-- ===== src/Metrics/Tests.antt =====
-- A run of the counters of src/metrics.c, and the theorems about them at it.
use concurrent_http_proxy_se.Base.{◌≡◌, refl, some, List, [], ◌∷◌, arith}
use concurrent_http_proxy_se.Metrics.{Metrics, create}
use concurrent_http_proxy_se.Metrics.Counts.{
  Event, request, connect, received, miss, sent, disconnect, run, read, bytes_out, read-run, total,
  is_open,
}

abbrev miss_path : List Event
miss_path = request ∷ connect ∷ received 90 ∷ connect ∷ miss ∷ sent 512 ∷ disconnect ∷ []

-- A size_t that is about to wrap around.
abbrev nearly_full : Metrics
nearly_full = run (sent 0xffff_ffff_ffff_ffff ∷ []) (create (some tt))

read-run_example : read bytes_out (run miss_path nearly_full) ≡ 511
unfolding run read total create is_open
read-run_example = read-run bytes_out miss_path nearly_full refl (omega arith)
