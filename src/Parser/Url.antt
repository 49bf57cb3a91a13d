-- ===== src/Parser/Url.antt =====
-- The text of a URL that src/request_parser.c accepts, described without reference to the parser.
use concurrent_http_proxy_se.Base.{
  ℕ, ◌+◌, ◌-◌, ◌*◌, ◌≡◌, ◌≢◌, refl, sym, ap, ◌∙◌, subst, arith, ◌==◌, ==_iff, leb, length, drop,
  if◌then◌else◌, Bool, true, false, not, ◌&&◌, ◌||◌, Option, none, some, ◌>>=◌, some_injective,
  bind_then, if_some, if_not_some, and_both, [], ◌∷◌, ◌++◌, append-nil, append_assoc, All,
}
use concurrent_http_proxy_se.Bytes.{Bytes, codes}
use concurrent_http_proxy_se.Parser.{
  copy_substring, split_at, is_space, skip_space, is_digit, read_digits, read_number, read_sign,
  strtol, parse_port_value, starts_with, split_path, split_port, parse_absolute_url,
}
use concurrent_http_proxy_se.Parser.Parts.{copy_substring_lem, split_at_lem}

-- The number that decimal digits stand for, behind a number that stands before them.
abbrev pub number : ℕ → Bytes → ℕ
number n [] = n
number n (x ∷ xs) = number (n * 10 + (x - 48)) xs

pub data IsSign : Bytes → Type 0 where
  no_sign : IsSign []
  plus : IsSign (43 ∷ [])

-- The decimal digits of a number, with white space and a plus sign before them, if any.
pub record IsPortText (text : Bytes) (port : ℕ) : Type 0 where
  pub blanks : Bytes
  pub sign : Bytes
  pub digits : Bytes
  pub whole : text ≡ blanks ++ (sign ++ digits)
  pub are_blank : All (λ x. is_space x ≡ true) blanks
  pub is_sign : IsSign sign
  pub some_digits : digits ≢ []
  pub are_digits : All (λ x. is_digit x ≡ true) digits
  pub value : port ≡ number 0 digits

-- What follows the host: nothing for port 80, or a colon and a number.
pub data IsPort : Bytes → ℕ → Type 0 where
  default : IsPort [] 80
  given : {text : Bytes} {port : ℕ} → IsPortText text port → IsPort (58 ∷ text) port

-- The rest of the URL: nothing for the path `/`, or the path from its slash to the end.
pub data IsPath : Bytes → Bytes → Type 0 where
  root : IsPath [] (47 ∷ [])
  rooted : {rest : Bytes} → IsPath (47 ∷ rest) (47 ∷ rest)

abbrev pub IsUrl : Bytes → Bytes → ℕ → Bytes → Type 0
IsUrl url host port path =
    (port_text path_text : Bytes) × (url ≡ codes "http://" ++ (host ++ (port_text ++ path_text)))
    × IsPort port_text port
    × IsPath path_text path

starts_with_lem :
    (prefix s : Bytes) → starts_with prefix s ≡ true → s ≡ prefix ++ drop (length prefix) s
unfolding starts_with
starts_with_lem [] s h = refl
starts_with_lem (x ∷ prefix) [] h = absurd (cc h)
starts_with_lem (x ∷ prefix) (y ∷ s) h =
    let (same, more) = and_both (x == y) (starts_with prefix s) h in
    cc ((==_iff x y).0 same, starts_with_lem prefix s more)

skip_space_lem :
    (s : Bytes)
    → (blanks : Bytes) × (s ≡ blanks ++ skip_space s) × All (λ x. is_space x ≡ true) blanks
unfolding skip_space
skip_space_lem [] = ([], refl, tt)
skip_space_lem (x ∷ xs) = by_test (is_space x) refl (skip_space_lem xs)
  where
    by_test :
        (b : Bool)
        → is_space x ≡ b
        → (blanks : Bytes) × (xs ≡ blanks ++ skip_space xs) × All (λ x. is_space x ≡ true) blanks
        → (blanks : Bytes) × (x ∷ xs ≡ blanks ++ (if b then skip_space xs else x ∷ xs))
          × All (λ x. is_space x ≡ true) blanks
    by_test true e (blanks, whole, all) = (x ∷ blanks, ap (◌∷◌ x) whole, (e, all))
    by_test false e h = ([], refl, tt)

-- Without a minus, a plus or nothing stands before the rest.
read_sign_lem :
    (s : Bytes)
    → (read_sign s).0 ≡ false
    → (sign : Bytes) × IsSign sign × (s ≡ sign ++ (read_sign s).1)
unfolding read_sign
read_sign_lem [] h = ([], no_sign, refl)
read_sign_lem (x ∷ xs) h = by_tests (x == 45) (x == 43) refl h
  where
    taken : Bool → Bool → Bool × Bytes
    taken a b = if a then (true, xs) else if b then (false, xs) else (false, x ∷ xs)

    by_tests :
        (a b : Bool)
        → (x == 43) ≡ b
        → (taken a b).0 ≡ false
        → (sign : Bytes) × IsSign sign × (x ∷ xs ≡ sign ++ (taken a b).1)
    by_tests true b e h = absurd (cc h)
    by_tests false true e h = (43 ∷ [], plus, ap (λ c. c ∷ xs) ((==_iff x 43).0 e))
    by_tests false false e h = ([], no_sign, refl)

-- Digits to the end of the text.
read_digits_lem :
    (n : ℕ) (s : Bytes)
    → length (read_digits n s).1 ≡ 0
    → All (λ x. is_digit x ≡ true) s × ((read_digits n s).0 ≡ number n s)
unfolding read_digits
read_digits_lem n [] h = (tt, refl)
read_digits_lem n (x ∷ xs) h = by_test (is_digit x) refl h (read_digits_lem (n * 10 + (x - 48)) xs)
  where
    by_test :
        (b : Bool)
        → is_digit x ≡ b
        → length (if b then read_digits (n * 10 + (x - 48)) xs else (n, x ∷ xs)).1 ≡ 0
        → (length (read_digits (n * 10 + (x - 48)) xs).1 ≡ 0
            → All (λ x. is_digit x ≡ true) xs
              × ((read_digits (n * 10 + (x - 48)) xs).0 ≡ number (n * 10 + (x - 48)) xs))
        → All (λ x. is_digit x ≡ true) (x ∷ xs)
          × ((if b then read_digits (n * 10 + (x - 48)) xs else (n, x ∷ xs)).0
              ≡ number (n * 10 + (x - 48)) xs)
    by_test true e h ih = let (all, value) = ih h in ((e, all), value)
    by_test false e h ih = absurd (omega (arith, h))

read_number_lem :
    (s rest : Bytes) (n : ℕ)
    → read_number s ≡ some (n, rest)
    → length rest ≡ 0
    → (s ≢ []) × All (λ x. is_digit x ≡ true) s × (n ≡ number 0 s)
unfolding read_number
read_number_lem [] rest n e h = absurd (cc e)
read_number_lem (x ∷ xs) rest n e h =
    let (first, same) = if_some (is_digit x) e in
    let (all, value) = read_digits_lem 0 (x ∷ xs) (ap (λ r. length r.1) same ∙ h) in
    (λ f. absurd (cc f), all, sym (ap (λ r. r.0) same) ∙ value)

parse_port_value-IsPortText :
    (text : Bytes) (port : ℕ) → parse_port_value text ≡ some port → IsPortText text port
unfolding parse_port_value strtol
parse_port_value-IsPortText text port e = bind_then (copy_substring 16 text) _ e λ buffer copied e1.
    bind_then (strtol buffer) _ e1 λ r reads e2.
      bind_then (read_number (read_sign (skip_space buffer)).1) _ reads λ d numbered same_r.
        let (ok, same) = if_some _ e2 in
        let (rest, is_plus) = in_range (length r.2 == 0) (not r.0) (leb 1 r.1) (leb r.1 65535) ok in
        let parts = some_injective same_r in
        let (blanks, front, all_blank) = skip_space_lem buffer in
        let (sign, signed, behind) =
          read_sign_lem (skip_space buffer) (ap (λ q. q.0) parts ∙ positive r.0 is_plus) in
        let (filled, all, value) =
          read_number_lem _ d.1 d.0 numbered
            (ap (λ q. length q.2) parts ∙ (==_iff (length r.2) 0).0 rest) in
        record {
          blanks = blanks;
          sign = sign;
          digits = (read_sign (skip_space buffer)).1;
          whole = (copy_substring_lem 16 text buffer copied).0 ∙ front ∙ ap (◌++◌ blanks) behind;
          are_blank = all_blank;
          is_sign = signed;
          some_digits = filled;
          are_digits = all;
          value = sym same ∙ ap (λ q. q.1) (sym parts) ∙ value;
        }
  where
    in_range : (a b c d : Bool) → (a && b && c && d) ≡ true → (a ≡ true) × (b ≡ true)
    in_range true true c d h = (refl, refl)
    in_range true false c d h = absurd (cc h)
    in_range false b c d h = absurd (cc h)

    positive : (b : Bool) → not b ≡ true → b ≡ false
    positive true h = absurd (cc h)
    positive false h = refl

split_port-IsPort :
    (authority host : Bytes) (port : ℕ)
    → split_port authority ≡ some (host, port)
    → (text : Bytes) × (authority ≡ host ++ text) × IsPort text port
unfolding split_port
split_port-IsPort authority host port e = by_colon (split_at 58 authority) refl e
  where
    after_split : Option (Bytes × Bytes) → Option (Bytes × ℕ)
    after_split o = elim o [
      | none ↦ some (authority, 80)
      | some (name, text) ↦ parse_port_value text >>= λ p. some (name, p)
    ]

    by_colon :
        (o : Option (Bytes × Bytes))
        → split_at 58 authority ≡ o
        → after_split o ≡ some (host, port)
        → (text : Bytes) × (authority ≡ host ++ text) × IsPort text port
    by_colon none f e =
        let same = some_injective e in
        (
          [],
          ap (λ r. r.0) same ∙ sym (append-nil host),
          subst (IsPort []) (ap (λ r. r.1) same) default,
        )
    by_colon (some (name, text)) f e = bind_then (parse_port_value text) _ e λ p found e1.
        let same = some_injective e1 in
        (
          58 ∷ text,
          (split_at_lem 58 authority name text f).0 ∙ ap (λ r. r.0 ++ (58 ∷ text)) same,
          given (parse_port_value-IsPortText text port (found ∙ ap (λ r. some r.1) same)),
        )

split_path-IsPath :
    (s : Bytes) → (text : Bytes) × (s ≡ (split_path s).0 ++ text) × IsPath text (split_path s).1
unfolding split_path
split_path-IsPath s = by_slash (split_at 47 s) refl
  where
    parts : Option (Bytes × Bytes) → Bytes × Bytes
    parts o = elim o [ none ↦ (s, 47 ∷ []) | some (authority, rest) ↦ (authority, 47 ∷ rest) ]

    by_slash :
        (o : Option (Bytes × Bytes))
        → split_at 47 s ≡ o
        → (text : Bytes) × (s ≡ (parts o).0 ++ text) × IsPath text (parts o).1
    by_slash none e = ([], sym (append-nil s), root)
    by_slash (some (authority, rest)) e =
        (47 ∷ rest, (split_at_lem 47 s authority rest e).0, rooted)

pub parse_absolute_url-IsUrl :
    (url host : Bytes) (port : ℕ) (path : Bytes)
    → parse_absolute_url url ≡ some (host, port, path)
    → IsUrl url host port path
unfolding parse_absolute_url
parse_absolute_url-IsUrl url host port path e =
    let (tests, e0) = if_not_some _ e in
    let s = split_path (drop 7 url) in
    bind_then (copy_substring 2048 s.1) _ e0 λ p copied e1.
      bind_then (split_port s.0) _ e1 λ r split e2.
        bind_then (copy_substring 256 r.0) _ e2 λ h named e3.
          let (ok, same) = if_some _ e3 in
          let (path_text, front, is_path) = split_path-IsPath (drop 7 url) in
          let (port_text, authority, is_port) = split_port-IsPort s.0 r.0 r.1 split in
          let same_host = (copy_substring_lem 256 r.0 h named).0 ∙ ap (λ t. t.0) same in
          (
            port_text,
            path_text,
            starts_with_lem (codes "http://") url (scheme _ _ tests)
                ∙ ap (◌++◌ (codes "http://")) (
                    front
                    ∙ ap (λ a. a ++ path_text) (authority ∙ ap (λ n. n ++ port_text) same_host)
                    ∙ append_assoc host port_text path_text),
            subst (IsPort port_text) (ap (λ t. t.1) same) is_port,
            subst (IsPath path_text) ((copy_substring_lem 2048 s.1 p copied).0 ∙ ap (λ t. t.2) same)
                is_path,
          )
  where
    scheme : (a b : Bool) → (a || not b) ≡ false → b ≡ true
    scheme a true h = refl
    scheme true false h = absurd (cc h)
    scheme false false h = absurd (cc h)
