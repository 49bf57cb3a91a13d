-- ===== src/Parser/Text.antt =====
-- The text of a request that src/request_parser.c accepts, put together from its parts again.
use concurrent_http_proxy_se.Base.{
  ℕ, ◌≡◌, refl, sym, ap, subst, ◌∙◌, inl, inr, ◌==◌, if◌then◌else◌, Bool, true, false, ◌&&◌, ◌||◌,
  Option, none, some, ◌>>=◌, some_injective, bind_then, if_some, [], ◌∷◌, ◌++◌, or_either, and_both,
  ==_iff,
}
use concurrent_http_proxy_se.Bytes.{Bytes}
use concurrent_http_proxy_se.Parser.{
  Request, copy_substring, split_at, find_line_end, parse_request_line, parse_absolute_url,
  skip_line_break, parse,
}
use concurrent_http_proxy_se.Parser.Url.{IsUrl, parse_absolute_url-IsUrl}
use concurrent_http_proxy_se.Parser.Parts.{copy_substring_lem, split_at_lem}

abbrev is_break : ℕ → Bool
is_break x = (x == 13) || (x == 10)

-- What follows a line begins with its break.
abbrev Breaks : Bytes → Type 0
Breaks a = (x : ℕ) × (xs : Bytes) × (a ≡ x ∷ xs) × (is_break x ≡ true)

line_step :
    (x : ℕ) (xs : Bytes) (found : Bool) (rest : Option (Bytes × Bytes)) (line after : Bytes)
    → is_break x ≡ found
    → ((l a : Bytes) → rest ≡ some (l, a) → (xs ≡ l ++ a) × Breaks a)
    → if◌then◌else◌ {A = Option (Bytes × Bytes)} found
        (some ([], x ∷ xs))
        (rest >>= λ r. some (x ∷ r.0, r.1))
      ≡ some (line, after)
    → (x ∷ xs ≡ line ++ after) × Breaks after
line_step x xs true rest line after t ih e =
    let p = some_injective e in
    (cc (ap (λ r. r.0) p, ap (λ r. r.1) p), (x, xs, sym (ap (λ r. r.1) p), t))
line_step x xs false none line after t ih e = absurd (cc e)
line_step x xs false (some (l, a)) line after t ih e =
    let p = some_injective e in
    let (whole, breaks) = ih l a refl in
    (cc (whole, ap (λ r. r.0) p, ap (λ r. r.1) p), subst Breaks (ap (λ r. r.1) p) breaks)

find_line_end_lem :
    (s line after : Bytes)
    → find_line_end s ≡ some (line, after)
    → (s ≡ line ++ after) × Breaks after
unfolding find_line_end
find_line_end_lem [] line after e = absurd (cc e)
find_line_end_lem (x ∷ xs) line after e =
    line_step x xs (is_break x) (find_line_end xs) line after refl (find_line_end_lem xs) e

-- CR LF, CR or LF.
pub data IsBreak : Bytes → Type 0 where
  cr_lf : IsBreak (13 ∷ 10 ∷ [])
  cr : IsBreak (13 ∷ [])
  lf : IsBreak (10 ∷ [])

-- One line break is taken off, and the rest is kept.
abbrev Skipped : Bytes → Bytes → Type 0
Skipped a rest = (brk : Bytes) × IsBreak brk × (a ≡ brk ++ rest)

lone-IsBreak : (x : ℕ) → is_break x ≡ true → IsBreak (x ∷ [])
lone-IsBreak x h = elim (or_either (x == 13) (x == 10) h) [
  | inl a ↦ subst (λ c. IsBreak (c ∷ [])) (sym ((==_iff x 13).0 a)) cr
  | inr b ↦ subst (λ c. IsBreak (c ∷ [])) (sym ((==_iff x 10).0 b)) lf
]

double-IsBreak : (x y : ℕ) → ((x == 13) && (y == 10)) ≡ true → IsBreak (x ∷ y ∷ [])
double-IsBreak x y h =
    let (a, b) = and_both (x == 13) (y == 10) h in
    subst IsBreak
      (ap (λ c. c ∷ 10 ∷ []) (sym ((==_iff x 13).0 a))
        ∙ ap (λ c. x ∷ c ∷ []) (sym ((==_iff y 10).0 b)))
      cr_lf

skip_step :
    (x y : ℕ) (xs : Bytes) (both one : Bool)
    → ((x == 13) && (y == 10)) ≡ both
    → is_break x ≡ one
    → one ≡ true
    → Skipped (x ∷ y ∷ xs) (if both then xs else if one then y ∷ xs else x ∷ y ∷ xs)
skip_step x y xs true one e f h = (x ∷ y ∷ [], double-IsBreak x y e, refl)
skip_step x y xs false true e f h = (x ∷ [], lone-IsBreak x f, refl)
skip_step x y xs false false e f h = absurd (cc h)

last_step :
    (x : ℕ) (one : Bool)
    → is_break x ≡ one
    → one ≡ true
    → Skipped (x ∷ []) (if one then [] else x ∷ [])
last_step x true f h = (x ∷ [], lone-IsBreak x f, refl)
last_step x false f h = absurd (cc h)

skip_line_break_lem :
    (x : ℕ) (xs : Bytes) → is_break x ≡ true → Skipped (x ∷ xs) (skip_line_break (x ∷ xs))
unfolding skip_line_break
skip_line_break_lem x [] h = last_step x (is_break x) refl h
skip_line_break_lem x (y ∷ xs) h =
    skip_step x y xs ((x == 13) && (y == 10)) (is_break x) refl refl h

parse_request_line_text :
    (line : Bytes) (l : Bytes × Bytes × Bytes)
    → parse_request_line line ≡ some l
    → line ≡ l.0 ++ (32 ∷ (l.1 ++ (32 ∷ l.2)))
unfolding parse_request_line
parse_request_line_text line l e = bind_then (split_at 32 line) _ e λ a first e1.
    bind_then (split_at 32 a.1) _ e1 λ b second e2.
      bind_then (copy_substring 8 a.0) _ e2 λ m copied e3.
        bind_then (copy_substring 16 b.1) _ e3 λ v kept e4.
          let (_, same) = if_some _ e4 in
          (split_at_lem 32 line a.0 a.1 first).0
          ∙ ap (λ r. a.0 ++ (32 ∷ r)) (split_at_lem 32 a.1 b.0 b.1 second).0
          ∙ ap (λ w. w ++ (32 ∷ (b.0 ++ (32 ∷ b.1)))) (copy_substring_lem 8 a.0 m copied).0
          ∙ ap (λ w. m ++ (32 ∷ (b.0 ++ (32 ∷ w)))) (copy_substring_lem 16 b.1 v kept).0
          ∙ ap (λ t. t.0 ++ (32 ∷ (t.1 ++ (32 ∷ t.2)))) same

-- The text of a request that is accepted: method, URL and version with a space between them, a line
-- break, and the header fields to the end of the text. The URL is `http://`, the host, the port and the
-- path to the end of the URL. The port may be missing, then it is 80, or it is a colon, white space, a
-- plus sign or none, and the decimal digits of the port. A path that is missing is `/`.
pub parse_keeps_text :
    (text : Bytes) (r : Request)
    → parse (some text) ≡ some r
    → (url brk : Bytes) × (text
        ≡ (r.method ++ (32 ∷ (url ++ (32 ∷ r.version)))) ++ (brk ++ r.raw_headers))
      × IsBreak brk
      × IsUrl url r.host r.port r.path
unfolding parse
parse_keeps_text text r e = bind_then (find_line_end text) _ e λ a found e1.
    bind_then (parse_request_line a.0) _ e1 λ l line e2.
      bind_then (parse_absolute_url l.1) _ e2 λ u url e3.
        bind_then (copy_substring 8192 (skip_line_break a.1)) _ e3 λ h copied e4.
          let (_, same) = if_some _ e4 in
          let (whole, (x, xs, begins, breaks)) = find_line_end_lem text a.0 a.1 found in
          let (brk, is, rest) =
            subst (λ c. Skipped c (skip_line_break c)) (sym begins)
              (skip_line_break_lem x xs breaks) in
          let (kept, _) = copy_substring_lem 8192 (skip_line_break a.1) h copied in
          subst (Parts text) same (
            l.1,
            brk,
            whole
                ∙ ap (λ w. w ++ a.1) (parse_request_line_text a.0 l line)
                ∙ ap (λ w. (l.0 ++ (32 ∷ (l.1 ++ (32 ∷ l.2)))) ++ w) (rest ∙ ap (◌++◌ brk) kept),
            is,
            parse_absolute_url-IsUrl l.1 u.0 u.1 u.2 url,
          )
  where
    Parts : Bytes → Request → Type 0
    Parts t q =
        (url brk : Bytes) × (t
          ≡ (q.method ++ (32 ∷ (url ++ (32 ∷ q.version)))) ++ (brk ++ q.raw_headers))
        × IsBreak brk
        × IsUrl url q.host q.port q.path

=-=-=-=-=

### WORK REQUIRED
Go through the entries above and count the lines containing "filled". Give the number only.

### OUTPUT
2